There are more than a dozen other well established facts difficult or impossible for the accepted POV about perception to explain that are logical results explained by the RTS. Just to mention one: How can you have a visual experience in dreams with your eyes closed if visual experiences “emerge” following many stages of neural data transformations of retinal data? (Illusions, hallucinations, phantom limbs, etc. – a large list)
Again, If you want to know more about the RTS, please read (and then comment on) the "GFW essay" (Last part of a paper I published in 1994) on here: http://www.sciforums.com/showthread.php?2868-About-determinism&p=882356&viewfull=1#post882356
I see what you are saying.
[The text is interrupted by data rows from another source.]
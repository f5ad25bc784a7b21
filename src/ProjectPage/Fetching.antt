-- ===== src/ProjectPage/Fetching.antt =====
-- What overlapping calls of `fetchAll` show.
use tbd_dev.Prelude.{
  ℕ, true, false, Option, none, some, List, [], ◌∷◌, ◌≡◌, ◌≢◌, refl, arith, eqb, if◌then◌else◌,
  Bool-cases, inl, inr, truthy_text, ◌∙◌, ap, ap₂,
}
use tbd_dev.Types.Projects.{Environment, Project}
use tbd_dev.Types.Deploys.{Build, Deploy}
use tbd_dev.Client.{Reply, ok, api_error, failed}
use tbd_dev.ProjectPage.{
  Snapshot, Page, polling_effect, start_fetch, tick, show, fetch_error, finish_fetch, error_view,
  project_view, view,
}
use tbd_dev.ProjectPage.Polling.{Event, started, ticked, finished, step, run}

-- The data on the page.
pub record Content : Type 0 where
  pub project : Option Project
  pub environments : List Environment
  pub builds : List Build
  pub deploys : List Deploy

abbrev pub content : Page → Content
content p = record {
  project = p.project;
  environments = p.environments;
  builds = p.builds;
  deploys = p.deploys;
}

abbrev pub content_of : Snapshot → Content
content_of s = record {
  project = some s.project;
  environments = s.environments;
  builds = s.builds;
  deploys = s.deploys;
}

-- The content that answers leave when only those of the call number `n` count.
abbrev pub counting : ℕ → List (ℕ × Reply Snapshot) → Content → Content
counting n [] c = c
counting n ((k, ok s) ∷ answers) c = counting n answers (if eqb k n then content_of s else c)
counting n ((k, _) ∷ answers) c = counting n answers c

abbrev pub arrive : List (ℕ × Reply Snapshot) → Page → Page
arrive [] p = p
arrive ((k, reply) ∷ answers) p = arrive answers (finish_fetch k reply p)

polling_effect_keeps :
    (p : Page)
    → (content (polling_effect p) ≡ content p)
      × ((polling_effect p).fetches ≡ p.fetches)
      × ((polling_effect p).error ≡ p.error)
      × ((polling_effect p).loading ≡ p.loading)
unfolding polling_effect
polling_effect_keeps p = ground arith

-- One answer leaves the number of calls, ends the loading state, and counts only for the newest call.
finish_fetch_keeps :
    (k : ℕ) (reply : Reply Snapshot) (p : Page)
    → ((finish_fetch k reply p).fetches ≡ p.fetches)
      × (content (finish_fetch k reply p) ≡ counting p.fetches ((k, reply) ∷ []) (content p))
      × ((finish_fetch k reply p).loading ≡ false)
unfolding finish_fetch
finish_fetch_keeps k (ok s) p = elim (Bool-cases (eqb k p.fetches)) [
  | inl newest ↦
      let (same, number, _, done) = polling_effect_keeps (show s p) in
      rw newest (number, same, done)
  | inr stale ↦ rw stale (refl, refl, refl)
]
finish_fetch_keeps k _ p = ground arith

counting_cons :
    (n k : ℕ) (reply : Reply Snapshot) (answers : List (ℕ × Reply Snapshot)) (c : Content)
    → counting n answers (counting n ((k, reply) ∷ []) c) ≡ counting n ((k, reply) ∷ answers) c
counting_cons n k (ok s) answers c = refl
counting_cons n k _ answers c = refl

-- Whatever answers arrive, in any order, for calls that were made, the page shows the last
-- answer to the newest call that succeeded, and what it showed before if there is none: an answer to
-- an earlier call, also a late one, never replaces it.
pub content-arrive :
    (answers : List (ℕ × Reply Snapshot)) (p : Page)
    → content (arrive answers p) ≡ counting p.fetches answers (content p)
content-arrive [] p = refl
content-arrive ((k, reply) ∷ answers) p =
    let (number, shown, _) = finish_fetch_keeps k reply p in
    content-arrive answers (finish_fetch k reply p)
    ∙ ap₂ (λ n c. counting n answers c) number shown
    ∙ counting_cons p.fetches k reply answers (content p)

finish_aborted :
    (k : ℕ) (reply : Reply Snapshot) (p : Page)
    → k ≢ p.fetches
    → finish_fetch k reply p ≡ record p { loading = false }
unfolding finish_fetch
finish_aborted k reply p stale = ground arith

view_of_nothing :
    (p : Page)
    → p.loading ≡ false
    → p.project ≡ none
    → p.error ≡ ""
    → view p ≡ error_view "Project not found"
unfolding view
view_of_nothing p done empty fine = simp (done, empty, fine)

-- A call that a newer one aborted ends the loading state: on a page that has shown nothing and met no
-- error yet, the visitor reads that the project was not found while the newer call is still pending.
pub view_aborted :
    (k : ℕ) (reply : Reply Snapshot) (p : Page)
    → k ≢ p.fetches
    → p.project ≡ none
    → p.error ≡ ""
    → view (finish_fetch k reply p) ≡ error_view "Project not found"
view_aborted k reply p stale empty fine =
    ap view (finish_aborted k reply p stale)
    ∙ view_of_nothing (record p { loading = false }) refl empty fine

truthy-fetch_error : (reply : Reply Snapshot) → truthy_text (fetch_error reply) ≡ true
unfolding fetch_error
truthy-fetch_error (api_error status detail) = elim (Bool-cases (eqb status 404)) [
  | inl missing ↦ rw missing
  | inr other ↦ rw other
]
truthy-fetch_error _ = refl

step_keeps_error :
    (e : Event) (p : Page) → truthy_text p.error ≡ true → truthy_text (step e p).error ≡ true
unfolding step start_fetch tick finish_fetch
step_keeps_error started p h = h
step_keeps_error ticked p h = ground arith
step_keeps_error (finished k (ok s)) p h = elim (Bool-cases (eqb k p.fetches)) [
  | inl newest ↦ rw newest (rw ((polling_effect_keeps (show s p)).2) h)
  | inr stale ↦ rw stale h
]
step_keeps_error (finished k (api_error n d)) p h = elim (Bool-cases (eqb k p.fetches)) [
  | inl newest ↦ rw newest (truthy-fetch_error (api_error n d))
  | inr stale ↦ rw stale h
]
step_keeps_error (finished k failed) p h = elim (Bool-cases (eqb k p.fetches)) [
  | inl newest ↦ rw newest (truthy-fetch_error failed)
  | inr stale ↦ rw stale h
]

run_keeps_error :
    (es : List Event) (p : Page) → truthy_text p.error ≡ true → truthy_text (run es p).error ≡ true
unfolding run
run_keeps_error [] p h = h
run_keeps_error (e ∷ es) p h = run_keeps_error es (step e p) (step_keeps_error e p h)

view_of_error :
    (p : Page) (proj : Project) → truthy_text p.error ≡ true → view p ≢ project_view proj
unfolding view
view_of_error p proj h e = ground arith

-- An error stays: whatever succeeds after it, the page shows an error, or that it is loading.
pub error_sticks :
    (es : List Event) (p : Page) (proj : Project)
    → truthy_text p.error ≡ true
    → view (run es p) ≢ project_view proj
error_sticks es p proj h = view_of_error (run es p) proj (run_keeps_error es p h)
That the RTS has to continuously update itself with any changes that are occurring in the perceived world. And that these haveto be tracked as broken apart qualia of the original gestalt. But I was lying in bed last night thinking, what if we severed all the sensory inputs into the brain--all the nerves from the eyes and the ears and the flesh that carry the electrical signals caused by environmental stimulation--and instead hooked the brain up to a signal generator that exactly duplicatedthose signals? Wouldn't the brain continue to perceive a real world, or at least a RTS of it, and even have the experience of being a body perceiving the real world. Note the signals and the frequencies would have to be injected into the brain from a highly computerized signal generator that could select whatever environment you were experiencing. Note also any motor signals outputed by the brain would be exactly matched by incoming sensory inputs (kinaesthetic and proprioceptive sensations of muscle exertion, motion, and resistance.) Where iow does consciousness of the real world begin? At the brain or at the nerves near the surface of our skin?